Unmanned Airplane Flies Two Days on Solar and Battery Power
June 29, 2005
AC Propulsion announced early in June that it successfully flew an unmanned aircraft for more than two days using only solar energy. Dubbed the "SoLong," the craft stores solar energy in a lithium-ion battery pack during the day to keep it flying at night. The company incorporated the lightweight batteries into an energy-efficient craft made of composite materials, weighing only 28 pounds with a wingspan of slightly more than 15 feet. Along its wing are 76 Sunpower solar cells that could produce 225 watts of power, while the craft required only 95 watts for level flight. According to the company, a critical factor in the SoLong's success was its high-efficiency electric motor, driven by the company's patented power controller. The radio-controlled craft featured 23 channels of telemetry, navigation data from a global positioning system, and even a live video downlink. AC Propulsion claims that the SoLong could have remained flying indefinitely. See the press release, a detailed report on the craft, and a detailed description of the electric drive system on the AC Propulsion Web site.
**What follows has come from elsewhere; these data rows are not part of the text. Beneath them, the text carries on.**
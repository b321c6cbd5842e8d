-- ===== src/Example/Round.antt =====
-- A round of the example program, answered and not, over any channel.
use clibdpa.Base.{
  ℕ, ◌+◌, ◌≤◌, ◌<◌, ◌≡◌, sym, ap, subst, refl, ◌∙◌, Bool, true, false, List, [], ◌∷◌, some,
  get_elem?, if◌then◌else◌, ◌==◌, get_elem?-append_last, overwrite, arith,
}
use clibdpa.Base.Int.{pos}
use clibdpa.Message.{
  DpaMessage, empty, empty_packet, max_dpa_message_size, length_u8, copy, response_code_field,
}
use clibdpa.Message.Contents.{contents}
use clibdpa.TaskQueue.{TaskQueue, size}
use clibdpa.TransactionResult.{DpaTransactionResult}
use clibdpa.TransactionResult
use clibdpa.Transaction.Types.{Transaction, request_of}
use clibdpa.Transaction.Create.{create}
use clibdpa.Transaction.Invariant.{IsNew}
use clibdpa.Transaction.Matches.{IsResponseTo, IsConfirmationOf}
use clibdpa.Transaction.Exchange.{Delivers}
use clibdpa.Handler.Types.{Handler}
use clibdpa.Handler.Defaults.{HasTimeout, create-IsNew_at}
use clibdpa.Handler.Submit.{
  queue_max_len, execute_dpa_transaction, process_transaction, resume_transaction,
}
use clibdpa.Handler.Dispatch.{handled, is_asynchronous, response_message_handler}
use clibdpa.Handler.Registry.{process_any_message}
use clibdpa.Handler.Routing.{received_as}
use clibdpa.Handler.EndToEnd.{node_request-Delivers}
use clibdpa.Handler.Silence.{TimesOut, unanswered-TimesOut}
use clibdpa.Packet.Layout.{locate}
use clibdpa.Packet.Union.{dpa_packet}
use clibdpa.Example.{pulse_request, begin_round, end_round}

-- Node 1, the red LED, pulse, any HWPID.
abbrev pub pulse_bytes : List ℕ
pulse_bytes = 1 ∷ 0 ∷ 6 ∷ 3 ∷ 255 ∷ 255 ∷ []

abbrev pub pulse : DpaMessage
pulse = record { buffer = overwrite pulse_bytes empty_packet; m_length = 6 }

pub pulse_request-pulse : pulse_request ≡ some pulse
unfolding pulse_request locate dpa_packet
pulse_request-pulse = refl

-- The number of failed rounds by a response of at least one byte.
end_round-code :
    (c : ℕ) (res : DpaTransactionResult) (r : DpaMessage)
    → res.m_response ≡ copy r
    → 0 < r.m_length
    → end_round c res ≡ (if response_code_field (copy r) == 0 then c else c + 1)
unfolding end_round copy
end_round-code c res r e l = ground (arith, ap (λ m. m.m_length) e)

end_round-empty :
    (c : ℕ) (res : DpaTransactionResult) → res.m_response ≡ empty → end_round c res ≡ c + 1
unfolding end_round empty
end_round-empty c res e = ground (arith, ap (λ m. m.m_length) e)

module _ {H : Type 0} (h : Handler H) (now : ℕ) where
  -- The transaction of the round.
  abbrev made : Transaction
  made = create pulse h.m_rf_mode h.m_timing_params h.m_default_timeout (pos 1000) (pos 0) h.ids now

  made-IsNew : HasTimeout h → IsNew made
  made-IsNew v = create-IsNew_at h pulse (pos 1000) (pos 0) now v (omega arith)

  made_plain :
      HasTimeout h
      → (made.m_default_error ≡ pos 0)
        × (made.m_infinit_timeout ≡ false)
        × (request_of made ≡ pulse)
        × (made.m_dpa_transaction_result.m_response ≡ empty)
  unfolding create TransactionResult.new empty
  made_plain v = rw v.value (refl, ground arith, refl, refl)

  abbrev begun : Handler H × ℕ
  begun = execute_dpa_transaction h pulse (pos 1000) (pos 0) now

  begin_round-begun : begin_round h now ≡ some begun
  unfolding begin_round
  begin_round-begun = rw (pulse_request-pulse, begin_round) refl

  -- The handler when the worker has taken the transaction, with a queue of others.
  abbrev at_work : TaskQueue ℕ → Handler H
  at_work q = record (begun.0) { m_dpa_transaction_queue = q }

  made_stored : (q : TaskQueue ℕ) → get_elem? (at_work q).store begun.1 ≡ some made
  unfolding execute_dpa_transaction
  made_stored q = get_elem?-append_last h.store made

module _ {H W : Type 0} (send_to : List ℕ → W → W × Bool) (h : Handler H) (now : ℕ)
    (q : TaskQueue ℕ) (w : W) where
  -- A round of the example that nothing answers, over any channel, with any handler whose default timeout
  -- is proper and fewer than 16 others in the queue when the worker takes the transaction up: the channel
  -- is given the six bytes of the request, the end of the wait finishes the transaction with the code for
  -- a timeout, and the counter of failed rounds goes up by one.
  pub silent_round :
      HasTimeout h
      → size q < queue_max_len
      → (h1 h2 h3 : Handler H) × (ptr : ℕ) × (t' : Transaction) × (begin_round h now
          ≡ some (h1, ptr))
        × (process_transaction send_to 1 (record h1 { m_dpa_transaction_queue = q }) ptr w
            ≡ some (h2, (send_to pulse_bytes w).0))
        × (resume_transaction 1 h2 ptr true ≡ some h3)
        × (get_elem? h3.store ptr ≡ some t')
        × TimesOut (made h now) t'
        × ((c : ℕ) → end_round c t'.m_dpa_transaction_result ≡ c + 1)
  silent_round v room =
      let (no_error, i, e, n) = made_plain h now v in
      let (h2, h3, t', a, b, c, d) =
        unanswered-TimesOut send_to (at_work h now q) (begun h now).1 (made h now) w
          (made_stored h now q) room no_error i (made-IsNew h now v).paced in
      (
        (begun h now).0,
        h2,
        h3,
        (begun h now).1,
        t',
        begin_round-begun h now,
        a ∙ ap (λ m. some (h2, (send_to (contents m) w).0)) e,
        b,
        c,
        d,
        λ k. end_round-empty k t'.m_dpa_transaction_result (ap (λ r. r.m_response) d.result ∙ n),
      )

  -- A round that is answered, in the same setting: where the channel then receives a string that becomes
  -- a confirmation of the request and one that becomes a response to it without the asynchronous
  -- flag, the end of the wait finishes the transaction with that response and its code, and the
  -- counter of failed rounds goes up by one exactly if the response code of the stored response is
  -- not 0.
  pub answered_round :
      (confirming bytes : List ℕ) (stale now1 stale' now2 : ℕ)
      → HasTimeout h
      → size q < queue_max_len
      → (0 < length_u8 confirming) × (length_u8 confirming ≤ max_dpa_message_size)
      → is_asynchronous (received_as confirming) ≡ false
      → IsConfirmationOf pulse (received_as confirming)
      → (0 < length_u8 bytes) × (length_u8 bytes ≤ max_dpa_message_size)
      → is_asynchronous (received_as bytes) ≡ false
      → IsResponseTo pulse (received_as bytes)
      → (h1 h2 h3 h4 h5 : Handler H) × (ptr : ℕ) × (t' : Transaction) × (begin_round h now
          ≡ some (h1, ptr))
        × (process_transaction send_to 1 (record h1 { m_dpa_transaction_queue = q }) ptr w
            ≡ some (h2, (send_to pulse_bytes w).0))
        × (response_message_handler h2 confirming stale now1
            ≡ handled h3 (process_any_message h2 (received_as confirming)))
        × (response_message_handler h3 bytes stale' now2
            ≡ handled h4 (process_any_message h3 (received_as bytes)))
        × (resume_transaction 1 h4 ptr true ≡ some h5)
        × (get_elem? h5.store ptr ≡ some t')
        × Delivers t' (received_as bytes)
        × ((c : ℕ)
            → end_round c t'.m_dpa_transaction_result
              ≡ (if response_code_field (copy (received_as bytes)) == 0 then c else c + 1))
  answered_round confirming bytes stale now1 stale' now2 v room cl cp k bl bp b =
      let (no_error, i, e, n) = made_plain h now v in
      let (h2, h3, h4, h5, t3, t', a1, a2, a3, a4, a5, a6, a7, d) =
        node_request-Delivers send_to (at_work h now q) (begun h now).1 (made h now) w confirming
          bytes stale now1 stale' now2 (made_stored h now q) room no_error
          (made-IsNew h now v).unfinished i (made-IsNew h now v).paced cl cp
          (subst (λ m. IsConfirmationOf m (received_as confirming)) (sym e) k) bl bp
          (subst (λ m. IsResponseTo m (received_as bytes)) (sym e) b) in
      (
        (begun h now).0,
        h2,
        h3,
        h4,
        h5,
        (begun h now).1,
        t',
        begin_round-begun h now,
        a1 ∙ ap (λ m. some (h2, (send_to (contents m) w).0)) e,
        a2,
        a3,
        a6,
        a7,
        d,
        λ c.
            end_round-code c t'.m_dpa_transaction_result (received_as bytes) d.message
              (omega (arith, b.long_enough)),
      )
The news must be encouraging for Bertrand Piccard's much more ambitious Solar Impulse project, which aims to design and build a solar-powered airplane that will circumnavigate the world. First announced in 2003, the project is taking shape, as Solvay, Altran, and Dassault Aviation have signed on as financial and technical partners. The European Space Agency is also continuing to provide its expertise, which led to a model unveiled in mid-June. The craft will have a 262-foot wingspan and will weigh only two tons, carrying a single pilot. Piccard hopes to build the craft by 2007 and begin test flights the following year. The actual circumnavigation in 2010 will involve four- to five-day flights with stops on each continent to change pilots. See the press release, schedule, and flight plan on the Solar Impulse Web site.
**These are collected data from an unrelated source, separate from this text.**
-- ===== src/Example/Tests.antt =====
-- Rounds of the example program with a channel that counts what it was given.
use clibdpa.Base.{
  ℕ, suc, ◌+◌, ◌≡◌, refl, Bool, true, false, List, [], ◌∷◌, some, get_elem?, if◌then◌else◌, ◌==◌,
  arith,
}
use clibdpa.Message.{
  copy, message_direction, is_confirmation_message, node_address, peripheral_type,
  peripheral_command, response_code_field,
}
use clibdpa.TaskQueue
use clibdpa.Transaction.Types.{Transaction}
use clibdpa.Transaction.Matches.{IsResponseTo, IsConfirmationOf}
use clibdpa.Transaction.Exchange.{Delivers}
use clibdpa.Handler.Types.{Handler, init}
use clibdpa.Handler.Defaults.{HasTimeout}
use clibdpa.Handler.Submit.{process_transaction, resume_transaction}
use clibdpa.Handler.Dispatch.{handled, is_asynchronous, response_message_handler}
use clibdpa.Handler.Registry.{process_any_message}
use clibdpa.Handler.Routing.{received_as}
use clibdpa.Example.{set_up, begin_round, end_round}
use clibdpa.Example.Round.{pulse, pulse_bytes, answered_round}

abbrev send_to : List ℕ → ℕ → ℕ × Bool
send_to bytes w = (suc w, false)

abbrev client : Handler ℕ
client = set_up init 1 0

client-HasTimeout : HasTimeout client
unfolding set_up init
client-HasTimeout = record { ms = 500; value = refl; enough = omega arith; fits = omega arith }

abbrev confirming : List ℕ
confirming = 1 ∷ 0 ∷ 6 ∷ 3 ∷ 255 ∷ 255 ∷ 255 ∷ 53 ∷ 1 ∷ 6 ∷ 1 ∷ []

abbrev answering : List ℕ
answering = 1 ∷ 0 ∷ 6 ∷ 0x83 ∷ 0 ∷ 0 ∷ 0 ∷ 53 ∷ []

confirming_plain : is_asynchronous (received_as confirming) ≡ false
unfolding is_asynchronous message_direction peripheral_command response_code_field
    is_confirmation_message
confirming_plain = refl

answering_plain : is_asynchronous (received_as answering) ≡ false
unfolding is_asynchronous message_direction peripheral_command response_code_field
answering_plain = refl

confirms : IsConfirmationOf pulse (received_as confirming)
unfolding node_address peripheral_type peripheral_command response_code_field
confirms = record {
  long_enough = omega arith;
  address = refl;
  peripheral = refl;
  plain = refl;
  command = refl;
  status = refl;
}

answers_it : IsResponseTo pulse (received_as answering)
unfolding node_address peripheral_type peripheral_command
answers_it = record {
  long_enough = omega arith;
  address = refl;
  peripheral = refl;
  flagged = refl;
  command = refl;
}

answered_round_example :
    (h1 h2 h3 h4 h5 : Handler ℕ) × (ptr : ℕ) × (t : Transaction) × (begin_round client 7
      ≡ some (h1, ptr))
    × (process_transaction send_to 1 (record h1 { m_dpa_transaction_queue = TaskQueue.new }) ptr 5
        ≡ some (h2, (send_to pulse_bytes 5).0))
    × (response_message_handler h2 confirming 9 8
        ≡ handled h3 (process_any_message h2 (received_as confirming)))
    × (response_message_handler h3 answering 9 10
        ≡ handled h4 (process_any_message h3 (received_as answering)))
    × (resume_transaction 1 h4 ptr true ≡ some h5)
    × (get_elem? h5.store ptr ≡ some t)
    × Delivers t (received_as answering)
    × ((c : ℕ)
        → end_round c t.m_dpa_transaction_result
          ≡ (if response_code_field (copy (received_as answering)) == 0 then c else c + 1))
unfolding TaskQueue.new TaskQueue.size
answered_round_example =
    answered_round send_to client 7 TaskQueue.new 5 confirming answering 9 8 9 10 client-HasTimeout
      (omega arith) (omega arith, omega arith) confirming_plain confirms (omega arith, omega arith)
      answering_plain answers_it
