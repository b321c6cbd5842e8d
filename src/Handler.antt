-- ===== src/Handler.antt =====
-- class DpaHandler2 and its Imp (Dpa/DpaHandler2.h and .cpp): the queue of transactions, the pending
-- one, the settings that new transactions get, and the user's message handlers. The public class hands
-- every call on to Imp.
pub mod Types
pub mod Settings
pub mod Registry
pub mod Submit
pub mod Dispatch
pub mod Defaults
pub mod Handlers
pub mod Overload
pub mod Routing
pub mod EndToEnd
pub mod Configured
pub mod Steps
pub mod Pending
pub mod Refinement
pub mod Silence
pub mod Forms
pub mod Histories
pub mod Lifting
pub mod EachTransaction
mod Counting
mod Parts
pub mod OneAtATime
pub mod Uninterrupted
pub mod OnWire
pub mod SpiWire
mod Tests
mod ThreadTests
mod NodeTests
mod SilenceTests
mod EachTests
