-- ===== src/Handler/Configured.antt =====
-- What users can change of the handler beside their requests: its settings and its handlers for messages.
use Prim.Native.String.{String}
use clibdpa.Base.{ℕ, ◌≡◌, refl, sym, subst, ◌∙◌, ok, arith, ltb, Bool-cases, inl, inr}
use clibdpa.Base.Int.{ℤ, pos, negsuc, ◌≤ℤ◌}
use clibdpa.Timing.{RfMode, TimingParams}
use clibdpa.Handler.Types.{Handler}
use clibdpa.Handler.Settings.{
  set_timeout, set_rf_communication_mode, set_timing_params, set_frc_response_time,
}
use clibdpa.Handler.Registry.{
  register_any_message_handler, unregister_any_message_handler, register_async_message_handler,
  unregister_async_message_handler,
}
use clibdpa.Handler.Defaults.{HasTimeout}

-- A call of a setter, with an int for a timeout, or of a function that registers or unregisters.
pub data Configured {H : Type 0} (h h' : Handler H) : Type 0 where
  sets_timeout : (ms : ℤ) → ms ≤ℤ pos 2147483647 → h' ≡ set_timeout h ms → Configured h h'
  sets_mode : (mode : RfMode) → h' ≡ set_rf_communication_mode h mode → Configured h h'
  sets_params : (params : TimingParams) → h' ≡ set_timing_params h params → Configured h h'
  sets_frc_time : (time : ℕ) → h' ≡ set_frc_response_time h time → Configured h h'
  registers_any :
      (service : String) (f : H)
      → register_any_message_handler h service f ≡ ok h'
      → Configured h h'
  unregisters_any :
      (service : String) → h' ≡ unregister_any_message_handler h service → Configured h h'
  registers_async :
      (service : String) (f : H) → h' ≡ register_async_message_handler h service f → Configured h h'
  unregisters_async :
      (service : String) → h' ≡ unregister_async_message_handler h service → Configured h h'

module _ {H : Type 0} where
  -- The transactions, their queue, the pending one and a proper default timeout stay.
  pub record Rest (h h' : Handler H) : Type 0 where
    pub store : h'.store ≡ h.store
    pub queue : h'.m_dpa_transaction_queue ≡ h.m_dpa_transaction_queue
    pub pending : h'.m_pending_transaction ≡ h.m_pending_transaction
    pub timed : HasTimeout h → HasTimeout h'

  timeout-HasTimeout :
      (h : Handler H) (ms : ℤ) → ms ≤ℤ pos 2147483647 → HasTimeout (set_timeout h ms)
  unfolding set_timeout
  timeout-HasTimeout h (pos n) b = elim (Bool-cases (ltb n 200)) [
    | inl c ↦ record {
      ms = 200;
      value = ground (arith, c);
      enough = omega arith;
      fits = omega arith;
    }
    | inr c ↦ record {
      ms = n;
      value = ground (arith, c);
      enough = ground arith;
      fits = omega (arith, b);
    }
  ]
  timeout-HasTimeout h (negsuc n) b = record {
    ms = 200;
    value = ground arith;
    enough = omega arith;
    fits = omega arith;
  }

  pub HasTimeout-same :
      (h h' : Handler H) → h'.m_default_timeout ≡ h.m_default_timeout → HasTimeout h → HasTimeout h'
  HasTimeout-same h h' e v = record {
    ms = v.ms;
    value = e ∙ v.value;
    enough = v.enough;
    fits = v.fits;
  }

  like :
      (h h' : Handler H)
      → h'.store ≡ h.store
      → h'.m_dpa_transaction_queue ≡ h.m_dpa_transaction_queue
      → h'.m_pending_transaction ≡ h.m_pending_transaction
      → h'.m_default_timeout ≡ h.m_default_timeout
      → Rest h h'
  like h h' s q p t = record { store = s; queue = q; pending = p; timed = HasTimeout-same h h' t }

  pub Configured-Rest : {h h' : Handler H} → Configured h h' → Rest h h'
  unfolding set_timeout set_rf_communication_mode set_timing_params set_frc_response_time
      register_any_message_handler unregister_any_message_handler register_async_message_handler
      unregister_async_message_handler
  Configured-Rest {h} {h'} (sets_timeout ms b e) =
      subst (Rest h) (sym e) record {
        store = refl;
        queue = refl;
        pending = refl;
        timed = λ _. timeout-HasTimeout h ms b;
      }
  Configured-Rest {h} {h'} (sets_mode mode e) =
      like h h' (ground arith) (ground arith) (ground arith) (ground arith)
  Configured-Rest {h} {h'} (sets_params params e) =
      like h h' (ground arith) (ground arith) (ground arith) (ground arith)
  Configured-Rest {h} {h'} (sets_frc_time time e) =
      like h h' (ground arith) (ground arith) (ground arith) (ground arith)
  Configured-Rest {h} {h'} (registers_any service f e) =
      like h h' (ground arith) (ground arith) (ground arith) (ground arith)
  Configured-Rest {h} {h'} (unregisters_any service e) =
      like h h' (ground arith) (ground arith) (ground arith) (ground arith)
  Configured-Rest {h} {h'} (registers_async service f e) =
      like h h' (ground arith) (ground arith) (ground arith) (ground arith)
  Configured-Rest {h} {h'} (unregisters_async service e) =
      like h h' (ground arith) (ground arith) (ground arith) (ground arith)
Of course, any attempt to cross new boundaries carries with it the risk of failure, as the leaders of the Planetary Society's solar sail project found out last week. The Cosmos 1 spacecraft was meant to test the concept of using thin films of reflective material to capture the solar wind as a means of propulsion in space. Unfortunately, according to the Russian space agency, the solar sail's launch vehicle failed, and the rocket and its spacecraft crashed into the Barents Sea. See the update from the Planetary Society.